** ABOUT THIS EXERCISE **
After locating the line that contains "recent_failures key now" in the records below, write out exactly that line and each line after it through the one that contains "hash_token token = p.sha256 token", and nothing else.
**** PROVIDED DATA
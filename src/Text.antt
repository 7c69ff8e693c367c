-- ===== src/Text.antt =====
-- Texts as Go's standard library reads them: UTF-8, white space, letters of ASCII.
pub mod Numbers
use securevault.Platform.{Platform}
use securevault.Base.{
  ltb, leb, if◌then◌else◌, ◌==◌, nat_eq, string_eq, Bytes, bytes_eq, take, drop, keep, any, Fault,
  err, ℕ, zero, suc, ◌+◌, ◌-◌, ◌*◌, ◌/◌, ◌%◌, code, ap, Bool, not, ◌&&◌, ◌||◌, List, [], ◌∷◌, ◌++◌,
  map,
}

-- UTF-8 as Go's `range` over a string and utf8.DecodeRune read it: an invalid byte is U+FFFD, alone.
abbrev pub rune_error : ℕ
rune_error = 65533

abbrev in_range : ℕ → ℕ → ℕ → Bool
in_range lo hi b = leb lo b && leb b hi

abbrev continuation : ℕ → Bool
continuation b = in_range 128 191 b

-- The range of the second byte, which keeps out overlong forms, surrogates and runes over U+10FFFF.
abbrev second_byte : ℕ → ℕ → Bool
second_byte b0 b1 =
    if b0 == 224
    then in_range 160 191 b1
    else if b0 == 237
    then in_range 128 159 b1
    else if b0 == 240
    then in_range 144 191 b1
    else if b0 == 244
    then in_range 128 143 b1
    else continuation b1

abbrev decode_two : ℕ → Bytes → ℕ × ℕ
decode_two b0 [] = (rune_error, 0)
decode_two b0 (b1 ∷ _) =
    if continuation b1 then ((b0 - 192) * 64 + (b1 - 128), 1) else (rune_error, 0)

abbrev decode_three : ℕ → Bytes → ℕ × ℕ
decode_three b0 (b1 ∷ b2 ∷ _) =
    if second_byte b0 b1 && continuation b2
    then ((b0 - 224) * 4096 + (b1 - 128) * 64 + (b2 - 128), 2)
    else (rune_error, 0)
decode_three b0 _ = (rune_error, 0)

abbrev decode_four : ℕ → Bytes → ℕ × ℕ
decode_four b0 (b1 ∷ b2 ∷ b3 ∷ _) =
    if second_byte b0 b1 && (continuation b2 && continuation b3)
    then ((b0 - 240) * 262144 + (b1 - 128) * 4096 + (b2 - 128) * 64 + (b3 - 128), 3)
    else (rune_error, 0)
decode_four b0 _ = (rune_error, 0)

-- The rune at a byte, and the number of the further bytes that it takes.
unfoldable pub decode_rune : ℕ → Bytes → ℕ × ℕ
decode_rune b0 s =
    if ltb b0 128
    then (b0, 0)
    else if in_range 194 223 b0
    then decode_two b0 s
    else if in_range 224 239 b0
    then decode_three b0 s
    else if in_range 240 244 b0
    then decode_four b0 s
    else (rune_error, 0)

-- The runes of a text, of which the first bytes are to be skipped.
unfoldable pub runes_after : ℕ → Bytes → List ℕ
runes_after _ [] = []
runes_after (suc skip) (b ∷ s) = runes_after skip s
runes_after zero (b ∷ s) = let (r, more) = decode_rune b s in r ∷ runes_after more s

unfoldable pub encode_rune : ℕ → Bytes
encode_rune r =
    if ltb r 128
    then r ∷ []
    else if ltb r 2048
    then (192 + r / 64) ∷ (128 + r % 64) ∷ []
    else if ltb r 65536
    then (224 + r / 4096) ∷ (128 + r / 64 % 64) ∷ (128 + r % 64) ∷ []
    else (240 + r / 262144) ∷ (128 + r / 4096 % 64) ∷ (128 + r / 64 % 64) ∷ (128 + r % 64) ∷ []

unfoldable pub encode : List ℕ → Bytes
encode [] = []
encode (r ∷ rs) = encode_rune r ++ encode rs

-- unicode.IsSpace
abbrev pub is_space : ℕ → Bool
is_space r =
    in_range 9 13 r
    || r == 32
    || r == 133
    || r == 160
    || r == 5760
    || in_range 8192 8202 r
    || in_range 8232 8233 r
    || r == 8239
    || r == 8287
    || r == 12288

-- The two halves of strings.TrimFunc, on the runes or on what carries them.
unfoldable pub trim_left : {A : Type 0} → (A → Bool) → List A → List A
trim_left drops [] = []
trim_left drops (r ∷ rs) = let rest = trim_left drops rs in if drops r then rest else r ∷ rs

-- The last step of `trim_right`, by what is left of the rest.
abbrev pub keep_last : {A : Type 0} → (A → Bool) → A → List A → List A
keep_last drops r [] = if drops r then [] else r ∷ []
keep_last drops r (x ∷ xs) = r ∷ x ∷ xs

unfoldable pub trim_right : {A : Type 0} → (A → Bool) → List A → List A
trim_right drops [] = []
trim_right drops (r ∷ rs) = keep_last drops r (trim_right drops rs)

-- The runes of a text, each with the bytes that it was read from.
unfoldable pub chunks_after : ℕ → Bytes → List (ℕ × Bytes)
chunks_after _ [] = []
chunks_after (suc skip) (b ∷ s) = chunks_after skip s
chunks_after zero (b ∷ s) =
    let (r, more) = decode_rune b s in (r, b ∷ take more s) ∷ chunks_after more s

abbrev pub join_chunks : List (ℕ × Bytes) → Bytes
join_chunks [] = []
join_chunks ((r, s) ∷ cs) = s ++ join_chunks cs

-- strings.TrimSpace, which leaves the bytes between as they are.
unfoldable pub trim_space : Bytes → Bytes
unfolding chunks_after trim_left trim_right
trim_space s =
    join_chunks (trim_right (λ c. is_space c.0) (trim_left (λ c. is_space c.0) (chunks_after 0 s)))

abbrev pub first_put : ℕ → List Bytes → List Bytes
first_put b [] = (b ∷ []) ∷ []
first_put b (s ∷ ss) = (b ∷ s) ∷ ss

-- strings.Split by one byte.
unfoldable pub split : ℕ → Bytes → List Bytes
split sep [] = [] ∷ []
split sep (b ∷ s) = let rest = split sep s in if b == sep then [] ∷ rest else first_put b rest

-- strings.ToLower and strings.ToUpper of one ASCII letter.
abbrev pub lower_byte : ℕ → ℕ
lower_byte b = if leb b'A' b && leb b b'Z' then b + 32 else b

abbrev pub upper_byte : ℕ → ℕ
upper_byte b = if leb b'a' b && leb b b'z' then b - 32 else b

abbrev pub is_ascii : Bytes → Bool
is_ascii s = not (any (leb 128) s)

-- strings.ToLower and strings.ToUpper: ASCII texts byte by byte.
unfoldable pub lower_text : Platform → Bytes → Bytes
lower_text p s = if is_ascii s then map lower_byte s else p.to_lower_wide s

unfoldable pub upper_text : Platform → Bytes → Bytes
upper_text p s = if is_ascii s then map upper_byte s else p.to_upper_wide s
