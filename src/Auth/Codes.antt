-- ===== src/Auth/Codes.antt =====
-- internal/auth/registration.go: the text of an invite code.
use securevault.Text.{trim_space, upper_text}
use securevault.Base.{
  ltb, if◌then◌else◌, ◌==◌, nat_eq, string_eq, Bytes, bytes_eq, keep, ℕ, ◌+◌, ◌-◌, ◌*◌, ◌/◌, ◌%◌,
  code, not, ◌||◌, [], ◌∷◌,
}
use securevault.Platform.{Platform}

abbrev base32_char : ℕ → ℕ
base32_char c = if ltb c 26 then b'A' + c else b'2' + (c - 26)

-- base32.StdEncoding without padding.
unfoldable pub encode_base32 : Bytes → Bytes
encode_base32 [] = []
encode_base32 (a ∷ []) = base32_char (a / 8) ∷ base32_char (a % 8 * 4) ∷ []
encode_base32 (a ∷ b ∷ []) =
    base32_char (a / 8)
    ∷ base32_char (a % 8 * 4 + b / 64)
    ∷ base32_char (b / 2 % 32)
    ∷ base32_char (b % 2 * 16)
    ∷ []
encode_base32 (a ∷ b ∷ c ∷ []) =
    base32_char (a / 8)
    ∷ base32_char (a % 8 * 4 + b / 64)
    ∷ base32_char (b / 2 % 32)
    ∷ base32_char (b % 2 * 16 + c / 16)
    ∷ base32_char (c % 16 * 2)
    ∷ []
encode_base32 (a ∷ b ∷ c ∷ d ∷ []) =
    base32_char (a / 8)
    ∷ base32_char (a % 8 * 4 + b / 64)
    ∷ base32_char (b / 2 % 32)
    ∷ base32_char (b % 2 * 16 + c / 16)
    ∷ base32_char (c % 16 * 2 + d / 128)
    ∷ base32_char (d / 4 % 32)
    ∷ base32_char (d % 4 * 8)
    ∷ []
encode_base32 (a ∷ b ∷ c ∷ d ∷ e ∷ s) =
    base32_char (a / 8)
    ∷ base32_char (a % 8 * 4 + b / 64)
    ∷ base32_char (b / 2 % 32)
    ∷ base32_char (b % 2 * 16 + c / 16)
    ∷ base32_char (c % 16 * 2 + d / 128)
    ∷ base32_char (d / 4 % 32)
    ∷ base32_char (d % 4 * 8 + e / 32)
    ∷ base32_char (e % 32)
    ∷ encode_base32 s

unfoldable pub normalize_invite_code : Platform → Bytes → Bytes
unfolding upper_text trim_space
normalize_invite_code p code =
    keep (λ b. not (b == b' ' || b == b'-')) (upper_text p (trim_space code))
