-- ===== src/Auth/Base64.antt =====
-- encoding/base64 without padding: RawStdEncoding and RawURLEncoding.
pub mod RoundTrip
use securevault.Base.{
  ltb, leb, if◌then◌else◌, ◌==◌, nat_eq, string_eq, Bytes, bytes_eq, keep, any, Fault, ok, ℕ, ◌+◌,
  ◌-◌, ◌*◌, ◌/◌, ◌%◌, String, code, ap, Bool, not, ◌&&◌, ◌||◌, Option, none, some, [], ◌∷◌, map,
}

-- The two alphabets differ in their last two characters.
abbrev sextet_char : ℕ → ℕ → ℕ → ℕ
sextet_char c62 c63 c =
    if ltb c 26
    then b'A' + c
    else if ltb c 52
    then b'a' + (c - 26)
    else if ltb c 62
    then b'0' + (c - 52)
    else if c == 62
    then c62
    else c63

abbrev pub std_char : ℕ → ℕ
std_char = sextet_char b'+' b'/'

abbrev pub url_char : ℕ → ℕ
url_char = sextet_char b'-' b'_'

-- EncodeToString by an alphabet.
unfoldable pub encode_by : (ℕ → ℕ) → Bytes → Bytes
encode_by char [] = []
encode_by char (a ∷ []) = char (a / 4) ∷ char (a % 4 * 16) ∷ []
encode_by char (a ∷ b ∷ []) = char (a / 4) ∷ char (a % 4 * 16 + b / 16) ∷ char (b % 16 * 4) ∷ []
encode_by char (a ∷ b ∷ c ∷ s) =
    char (a / 4)
    ∷ char (a % 4 * 16 + b / 16)
    ∷ char (b % 16 * 4 + c / 64)
    ∷ char (c % 64)
    ∷ encode_by char s

-- The value of a character of the standard alphabet; 64 is no value.
abbrev pub std_value : ℕ → ℕ
std_value c =
    if leb b'A' c && leb c b'Z'
    then c - b'A'
    else if leb b'a' c && leb c b'z'
    then c - b'a' + 26
    else if leb b'0' c && leb c b'9'
    then c - b'0' + 52
    else if c == b'+'
    then 62
    else if c == b'/'
    then 63
    else 64

abbrev is_newline : ℕ → Bool
is_newline c = c == 10 || c == 13

-- The bytes of the values, four to three; the bits that are left over are not looked at.
unfoldable pub join_sextets : Bytes → Option Bytes
join_sextets [] = some []
join_sextets (a ∷ []) = none
join_sextets (a ∷ b ∷ []) = some ((a * 4 + b / 16) ∷ [])
join_sextets (a ∷ b ∷ c ∷ []) = some ((a * 4 + b / 16) ∷ (b % 16 * 16 + c / 4) ∷ [])
join_sextets (a ∷ b ∷ c ∷ d ∷ s) = elim (join_sextets s) [
  | none ↦ none
  | some t ↦ some ((a * 4 + b / 16) ∷ (b % 16 * 16 + c / 4) ∷ (c % 4 * 64 + d) ∷ t)
]

-- DecodeString of RawStdEncoding: line ends are passed over, and any other character must be of the
-- alphabet.
unfoldable pub decode_std : Bytes → Option Bytes
unfolding join_sextets
decode_std s =
    let values = map std_value (keep (λ c. not (is_newline c)) s) in
    if any (leb 64) values then none else join_sextets values
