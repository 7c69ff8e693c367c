-- ===== src/Auth/Policy.antt =====
-- internal/auth/registration.go: who may create an account.
use securevault.Text.{lower_text, trim_space}
use securevault.Base.{
  ltb, leb, if◌then◌else◌, ◌==◌, nat_eq, string_eq, Bytes, bytes_eq, count, Result, codes, internal,
  ok, err, ℕ, Bool, true, false, ◌&&◌, ◌||◌, [],
}
use securevault.Platform.{Platform}

-- `RegistrationMode` is a string type.
abbrev pub mode_open : Bytes
mode_open = codes "open"

abbrev pub mode_invite : Bytes
mode_invite = codes "invite"

abbrev pub mode_closed : Bytes
mode_closed = codes "closed"

abbrev pub is_mode : Bytes → Bool
is_mode m = m == mode_open || m == mode_invite || m == mode_closed

unfoldable pub parse_registration_mode : Platform → Bytes → Result Bytes
unfolding lower_text trim_space
parse_registration_mode p s =
    let m = lower_text p (trim_space s) in
    if is_mode m then ok m else if m == [] then ok mode_open else err internal

-- `max_users` of 0 is no limit.
pub record RegistrationPolicy : Type 0 where
  pub mode : Bytes
  pub max_users : ℕ

-- What SetRegistrationPolicy installs.
unfoldable pub effective_policy : RegistrationPolicy → RegistrationPolicy
effective_policy q = if q.mode == [] then record q { mode = mode_open } else q

abbrev pub is_full : RegistrationPolicy → ℕ → Bool
is_full q count = ltb 0 q.max_users && leb q.max_users count

pub record RegistrationStatus : Type 0 where
  pub mode : Bytes
  pub accepting : Bool
  pub invite_required : Bool

-- The `switch` of RegistrationStatus, on the number of accounts.
unfoldable pub status_of : RegistrationPolicy → ℕ → RegistrationStatus
status_of q count =
    if count == 0
    then record { mode = q.mode; accepting = true; invite_required = false }
    else if is_full q count
    then record { mode = q.mode; accepting = false; invite_required = false }
    else if q.mode == mode_closed
    then record { mode = q.mode; accepting = false; invite_required = false }
    else record { mode = q.mode; accepting = true; invite_required = q.mode == mode_invite }
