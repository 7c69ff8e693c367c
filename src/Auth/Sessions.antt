-- ===== src/Auth/Sessions.antt =====
-- internal/auth/token.go, and the sessions and the throttling of internal/auth/service.go. Times are
-- in nanoseconds, and a comparison with `now() - d` is written without the subtraction.
pub mod Opened
use securevault.Auth.Base64.{url_char, encode_by}
use securevault.Auth.Policy.{effective_policy, RegistrationPolicy, mode_open}
use securevault.Files.Node.{event}
use securevault.Audit.{result_ok, record_event}
use securevault.Database.Table.{delete, find, update}
use securevault.Storage.Crypto.{random_bytes}
use securevault.Auth.User.{User}
use securevault.Database.Schema.{named, SessionRow, Db}
use securevault.Effect.{pure, or_raise, query, clock, raise_if, run, Statement, M, ◌>>=◌, ◌>>◌}
use securevault.Base.{
  ltb, leb, if◌then◌else◌, is_some, ◌==◌, nat_eq, string_eq, Bytes, bytes_eq, keep, count, Fault,
  insert, unique_violation, broken, throttled, session_invalid, pg, ok, err, ℕ, ◌+◌, ◌-◌, ◌*◌, ◌<◌,
  String, code, Bool, not, ◌&&◌, ◌||◌, Option, none, some, [], ◌∷◌,
}
use securevault.Platform.{Platform}

abbrev pub minute : ℕ
minute = 60000000000

abbrev pub throttle_window : ℕ
throttle_window = 15 * minute

abbrev pub throttle_user_max : ℕ
throttle_user_max = 10

abbrev pub throttle_addr_max : ℕ
throttle_addr_max = 30

pub record Service : Type 0 where
  pub session_idle_ttl : ℕ
  pub session_absolute_ttl : ℕ
  pub policy : RegistrationPolicy

abbrev pub new_service : Service
new_service = record {
  session_idle_ttl = 30 * minute;
  session_absolute_ttl = 240 * minute;
  policy = record { mode = mode_open; max_users = 0 };
}

unfoldable pub set_registration_policy : RegistrationPolicy → Service → Service
unfolding effective_policy
set_registration_policy q sv = record sv { policy = effective_policy q }

abbrev pub token_bytes : ℕ
token_bytes = 32

-- INSERT INTO sessions …: the user exists, and the hash is new.
unfoldable pub insert_session : SessionRow → Statement (Unit {0})
insert_session s d =
    if is_some (find (λ r. r.token_hash) s.token_hash d.sessions)
    then err (pg unique_violation)
    else if is_some (find (λ u. u.id) s.user_id d.users)
    then ok (tt, record d { sessions = s ∷ d.sessions })
    else err (pg broken)

-- The WHERE clause on the two lifetimes.
abbrev pub is_live : Service → ℕ → SessionRow → Bool
is_live sv now s = ltb now s.expires_at && ltb now (s.last_seen_at + sv.session_idle_ttl)

abbrev pub live_user : Service → Bytes → ℕ → Db → Option User
live_user sv hash now d = elim (find (λ r. r.token_hash) hash d.sessions) [
  | none ↦ none
  | some s ↦
      if is_live sv now s
      then elim (find (λ u. u.id) s.user_id d.users) [
        | none ↦ none
        | some u ↦ some (record { id = u.id; username = u.username; role = u.role })
      ]
      else none
]

-- UPDATE sessions … SET last_seen_at = now() … RETURNING u.id, u.username, u.role
unfoldable pub touch_session : Service → Bytes → ℕ → Statement (Option User)
touch_session sv hash now d = elim (live_user sv hash now d) [
  | none ↦ ok (none, d)
  | some u ↦ ok (
    some u,
    record d {
      sessions = update (λ r. r.token_hash) hash (λ r. record r { last_seen_at = now }) d.sessions;
    },
  )
]

unfoldable pub delete_session : Bytes → Statement (Unit {0})
delete_session hash d = ok (tt, record d { sessions = delete (λ r. r.token_hash) hash d.sessions })

-- DELETE FROM login_failures WHERE attempted_at < now() - $1
unfoldable pub prune_failures : ℕ → Statement (Unit {0})
prune_failures now d = ok (
  tt,
  record d {
    login_failures = keep (λ f. not (ltb (f.attempted_at + throttle_window) now)) d.login_failures;
  },
)

-- count(*) FILTER (WHERE key = $1) … WHERE attempted_at >= now() - $3
unfoldable pub recent_failures : String → ℕ → Db → ℕ
recent_failures key now d =
    count (λ f. f.key == key && leb now (f.attempted_at + throttle_window)) d.login_failures

module _ (p : Platform) where
  abbrev pub hash_token : Bytes → Bytes
  hash_token token = p.sha256 token

  unfoldable pub new_session_token : M (Bytes × Bytes)
  unfolding encode_by
  new_session_token = do
    raw ← random_bytes p token_bytes
    let token = encode_by url_char raw
    pure (token, hash_token token)

  unfoldable pub create_session : Service → String → M Bytes
  unfolding new_session_token
  create_session sv user_id = do
    (token, hash) ← new_session_token
    now ← clock p
    run p (
        insert_session (record {
          user_id = user_id;
          token_hash = hash;
          expires_at = now + sv.session_absolute_ttl;
          last_seen_at = now;
        }))
    pure token

  unfoldable pub validate_session : Service → Bytes → M User
  validate_session sv token = do
    raise_if (token == []) session_invalid
    now ← clock p
    found ← run p (touch_session sv (hash_token token) now)
    or_raise found session_invalid

  unfoldable pub logout : Bytes → User → M (Unit {0})
  logout token u = do
    run p (delete_session (hash_token token))
    record_event p (event u "auth.logout" (named u.username) result_ok "")

  unfoldable pub is_throttled : String → String → M Bool
  is_throttled user_key addr_key = do
    cut ← clock p
    run p (prune_failures cut)
    now ← clock p
    (user_fails, addr_fails) ←
        query p (λ d. (recent_failures user_key now d, recent_failures addr_key now d))
    pure (leb throttle_user_max user_fails || leb throttle_addr_max addr_fails)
********
** EXERCISE ANSWER **
recent_failures key now d =
    count (λ f. f.key == key && leb now (f.attempted_at + throttle_window)) d.login_failures

module _ (p : Platform) where
  abbrev pub hash_token : Bytes → Bytes
  hash_token token = p.sha256 token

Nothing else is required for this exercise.